思い切った戦略と緻密な戦術がチームを勝利に導く(2/3)

大胆でなければ戦略でない捨てるものは捨てる勇気をもつ

眞柄2011年のワールドカップ日本開催が実現したとき、大会を成功させるうえで大切なことは何でしょうか。

宿澤やはり、どれだけ多くの方々に観戦してもらえるかということでしょう。特に、日本代表やイングランドやニュージーランドといった強豪チームが出場しない試合でも、多くのファンに観戦してほしいというのが私の願いです。

 私の体験からいっても、例えばアイルランドのベルファーストで日本とジンバブエが戦ったとき、平日の昼間だというのに大勢の人たち観戦にきてくれました。オーストラリアで開かれた2003年のワールドカップでも、日本代表への応援が多くて驚きました。 日本が例えばフィジーやスコットランドと試合しても、オーストラリアの人には興味がないだろうと思ったらそうでもないんです。われわれがいた町の人たちが、みんな応援に来てくれました。日本代表や強豪チームと関係のない試合も、みんなが観戦してくれることは大切ですね。

 あとは商業的に成功させることも重要ですし、当然ながら日本代表がどこまで戦えるかということ全体の盛り上がりに影響してくるでしょう。

ラグビーという競技は、リーダーシップや組織的な動きが非常に重視されますね。

眞柄ラグビーという競技は、リーダーシップや組織的な動きが非常に重視されますね。試合後のキャプテンやヘッドコーチのコメントを聞いても、他の競技と少し趣が違うという気がします。例えば、あるプレーで「勇気をつけられた」というようなコメントを聞くことがあります。他の競技で勇気づけられたというコメントが出てくるのはあまり聞いたことがありません。

 そこに至るまでの意識、あるいはチームをまとめるためのリーダーシップは、一般社会に出てからもたいへん役立つと思います。

 宿澤さんはラグビーで長年の経験をもち、また金融の最前線におられて、リーダーシップや意思決定のうえで何か感じられることはありますでしょうか。

宿澤ラグビーは他の競技に較べて、監督やキャプテンの存在がたいへん大きい競技です。

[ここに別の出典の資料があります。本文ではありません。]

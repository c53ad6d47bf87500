-- ===== src/Forwarder/MostStates.antt =====
-- `get_proxy_for_shared_objects_most_states`: the proxy that hosts the most of the versions that a
-- transaction requires. `none` is a panic; the source's own `None` is the inner one.
pub mod Counts
pub mod Best
use remora.Prelude.{
  ℕ, zero, suc, ◌+◌, ◌%◌, List, [], ◌∷◌, ◌++◌, Option, none, some, if◌then◌else◌, ltb, ◌==◌, nat_eq,
  pair_eq, Map, get, length, get_elem?,
}

-- vec![0; n]
unfoldable pub zeros : ℕ → List ℕ
zeros zero = []
zeros (suc n) = 0 ∷ zeros n

-- counts[index] += 1
unfoldable pub increment : List ℕ → ℕ → List ℕ
increment [] index = []
increment (c ∷ counts) zero = (c + 1) ∷ counts
increment (c ∷ counts) (suc index) = c ∷ increment counts index

abbrev pub count_state : ℕ → List ℕ → Option ℕ → List ℕ
count_state proxy_count counts none = counts
count_state proxy_count counts (some proxy_index) =
    if ltb proxy_index proxy_count then increment counts proxy_index else counts

-- The loop over `required_versions`.
unfoldable pub count_states : Map (ℕ × ℕ) ℕ → ℕ → List ℕ → List (ℕ × ℕ) → List ℕ
unfolding increment
count_states states_to_proxy proxy_count counts [] = counts
count_states states_to_proxy proxy_count counts (k ∷ required) =
    count_states states_to_proxy proxy_count
      (count_state proxy_count counts (get states_to_proxy k)) required

-- What one count does to `max_count` and `best_proxies`.
abbrev pub compare_count : ℕ → ℕ → ℕ → List ℕ → ℕ × List ℕ
compare_count index count max_count best_proxies =
    if ltb max_count count
    then (count, index ∷ [])
    else if count == max_count
    then (max_count, best_proxies ++ index ∷ [])
    else (max_count, best_proxies)

-- The loop over the counts, which keeps all indices of the largest one.
unfoldable pub find_best : ℕ → ℕ → List ℕ → List ℕ → ℕ × List ℕ
find_best index max_count best_proxies [] = (max_count, best_proxies)
find_best index max_count best_proxies (count ∷ counts) =
    let (m, best) = compare_count index count max_count best_proxies in
    find_best (index + 1) m best counts

-- Indexing a vector; out of bounds it panics.
unfoldable pub select : ℕ → List ℕ → Option ℕ
select txn_cnt best_proxies =
    if ltb 1 (length best_proxies)
    then get_elem? best_proxies (txn_cnt % length best_proxies)
    else get_elem? best_proxies 0

abbrev return_some : Option ℕ → Option (Option ℕ)
return_some none = none
return_some (some p) = some (some p)

most_states_of : ℕ → Map (ℕ × ℕ) ℕ → List (ℕ × ℕ) → ℕ → Option (Option ℕ)
unfolding zeros count_states find_best select
most_states_of proxy_count states_to_proxy [] txn_cnt = some (some 0)
most_states_of proxy_count states_to_proxy (k ∷ required) txn_cnt =
    let counts = count_states states_to_proxy proxy_count (zeros proxy_count) (k ∷ required) in
    return_some (select txn_cnt (find_best 0 0 [] counts).1)

unfoldable pub get_proxy_for_shared_objects_most_states :
    ℕ → Map (ℕ × ℕ) ℕ → List (ℕ × ℕ) → ℕ → Option (Option ℕ)
unfolding most_states_of
get_proxy_for_shared_objects_most_states proxy_count states_to_proxy required_versions txn_cnt =
    if proxy_count == 0
    then some none
    else most_states_of proxy_count states_to_proxy required_versions txn_cnt
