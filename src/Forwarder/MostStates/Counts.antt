-- ===== src/Forwarder/MostStates/Counts.antt =====
-- The counts that the first loop makes, against a count for each proxy by itself.
use remora.Prelude.{
  inr, ◌≤◌, Bool-cases, inl, ◌⊎◌, ◌∙◌, ap, ℕ, zero, suc, ◌+◌, ◌≡◌, ◌<◌, refl, List, [], ◌∷◌, Option,
  none, some, if◌then◌else◌, ltb, ◌==◌, nat_eq, pair_eq, arith, Map, get, length,
}
use remora.Forwarder.MostStates.{zeros, increment, count_state, count_states}

-- Whether a proxy hosts a version, as a number.
abbrev pub hosts : Option ℕ → ℕ → ℕ
hosts none p = 0
hosts (some q) p = if q == p then 1 else 0

-- How many of the required versions a proxy hosts.
unfoldable pub hosted : Map (ℕ × ℕ) ℕ → List (ℕ × ℕ) → ℕ → ℕ
hosted states [] p = 0
hosted states (k ∷ required) p = hosts (get states k) p + hosted states required p

-- The list holds the values of a function from an index on.
abbrev pub Values : (ℕ → ℕ) → ℕ → List ℕ → Type 0
Values f i [] = Unit {0}
Values f i (c ∷ cs) = (c ≡ f i) × Values f (i + 1) cs

zeros-Values : (n i : ℕ) → Values (λ p. 0) i (zeros n)
unfolding zeros
zeros-Values zero i = tt
zeros-Values (suc n) i = (refl, zeros-Values n (i + 1))

pub length-zeros : (n : ℕ) → length (zeros n) ≡ n
unfolding zeros
length-zeros zero = refl
length-zeros (suc n) = ap suc (length-zeros n)

length-increment : (cs : List ℕ) (i : ℕ) → length (increment cs i) ≡ length cs
unfolding increment
length-increment [] i = refl
length-increment (c ∷ cs) zero = refl
length-increment (c ∷ cs) (suc i) = ap suc (length-increment cs i)

length-count_state : (n : ℕ) (cs : List ℕ) (o : Option ℕ) → length (count_state n cs o) ≡ length cs
length-count_state n cs none = refl
length-count_state n cs (some q) = ground (arith, length-increment cs q)

Values-ext :
    (f g : ℕ → ℕ) (i : ℕ) (cs : List ℕ) → ((p : ℕ) → f p ≡ g p) → Values f i cs → Values g i cs
Values-ext f g i [] e h = tt
Values-ext f g i (c ∷ cs) e h = (h.0 ∙ e i, Values-ext f g (i + 1) cs e h.1)

-- An index outside the list adds nothing.
Values-outside :
    (f : ℕ → ℕ) (i b : ℕ) (cs : List ℕ)
    → (b < i) ⊎ (i + length cs ≤ b)
    → Values f i cs
    → Values (λ p. f p + hosts (some b) p) i cs
Values-outside f i b [] o h = tt
Values-outside f i b (c ∷ cs) o h = (ground arith, Values-outside f (i + 1) b cs (grind arith) h.1)

increment-Values :
    (f : ℕ → ℕ) (i j b : ℕ) (cs : List ℕ)
    → i + j ≡ b
    → j < length cs
    → Values f i cs
    → Values (λ p. f p + hosts (some b) p) i (increment cs j)
unfolding increment
increment-Values f i j b [] e lt h = tt
increment-Values f i zero b (c ∷ cs) e lt h =
    (ground arith, Values-outside f (i + 1) b cs (inl (omega arith)) h.1)
increment-Values f i (suc j) b (c ∷ cs) e lt h =
    (ground arith, increment-Values f (i + 1) j b cs (omega arith) (omega arith) h.1)

count_state-Values :
    (f : ℕ → ℕ) (n : ℕ) (cs : List ℕ) (o : Option ℕ)
    → length cs ≡ n
    → Values f 0 cs
    → Values (λ p. f p + hosts o p) 0 (count_state n cs o)
count_state-Values f n cs none e h = Values-ext f (λ p. f p + 0) 0 cs (λ p. omega arith) h
count_state-Values f n cs (some q) e h = elim (Bool-cases (ltb q n)) [
  | inl inside ↦ rw inside (increment-Values f 0 q q cs (omega arith) (ground arith) h)
  | inr outside ↦ rw outside (Values-outside f 0 q cs (inr (ground arith)) h)
]

count_states-Values :
    (f : ℕ → ℕ) (states : Map (ℕ × ℕ) ℕ) (n : ℕ) (cs : List ℕ) (required : List (ℕ × ℕ))
    → length cs ≡ n
    → Values f 0 cs
    → Values (λ p. f p + hosted states required p) 0 (count_states states n cs required)
unfolding count_states hosted
count_states-Values f states n cs [] e h = Values-ext f (λ p. f p + 0) 0 cs (λ p. omega arith) h
count_states-Values f states n cs (k ∷ required) e h =
    Values-ext (λ p. f p + hosts (get states k) p + hosted states required p) _ 0 _
      (λ p. omega arith)
      (count_states-Values (λ p. f p + hosts (get states k) p) states n
        (count_state n cs (get states k)) required (length-count_state n cs (get states k) ∙ e)
        (count_state-Values f n cs (get states k) e h))

length-count_states :
    (states : Map (ℕ × ℕ) ℕ) (n : ℕ) (cs : List ℕ) (required : List (ℕ × ℕ))
    → length (count_states states n cs required) ≡ length cs
unfolding count_states
length-count_states states n cs [] = refl
length-count_states states n cs (k ∷ required) =
    length-count_states states n (count_state n cs (get states k)) required
    ∙ length-count_state n cs (get states k)

-- Each proxy's count is the number of required versions that it hosts.
pub counts-Values :
    (states : Map (ℕ × ℕ) ℕ) (n : ℕ) (required : List (ℕ × ℕ))
    → Values (hosted states required) 0 (count_states states n (zeros n) required)
      × (length (count_states states n (zeros n) required) ≡ n)
counts-Values states n required = (
  Values-ext _ (hosted states required) 0 _ (λ p. omega arith)
      (count_states-Values (λ p. 0) states n (zeros n) required (length-zeros n)
        (zeros-Values n 0)),
  length-count_states states n (zeros n) required ∙ length-zeros n,
)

例えばサッカー日本代表で、監督はつねに注目されますが、誰がチームのキャプテンかはあまり話題にのぼらない。

 ところが、ラグビーは監督とキャプテンがつねに注目されます。いまはサッカーも「ジーコ・ジャパン」と個人名を冠して呼ばれますが、ラグビーが昔から「宿澤ジャパン」「平尾ジャパン」と監督名を冠して呼ばれていたのは、それだけリーダーの存在が重要だということです。

 私が実際に早稲田でキャプテンをやった経験からいえば、ラグビーのキャプテンは、プレーがつづく80分間はとにかく決断の連続だということです。途切れることなく決断しつづけなくてはいけない。判断し決断することの繰り返しです。

 大学選手権レベルになると、チームの実力にそれほど差はありませんから、キャプテンの決断に勝敗が左右される。これは相当なプレッシャーです。チームの力が互角であれば、優れたリーダーのいるほうが勝つというのがラグビーです。

眞柄日本代表などで監督を務めておられたときはいかがでしたか。

あれもこれもと求めないで、一方を思い切って捨てるくらい大胆でないと戦えない。それが本当の戦略です。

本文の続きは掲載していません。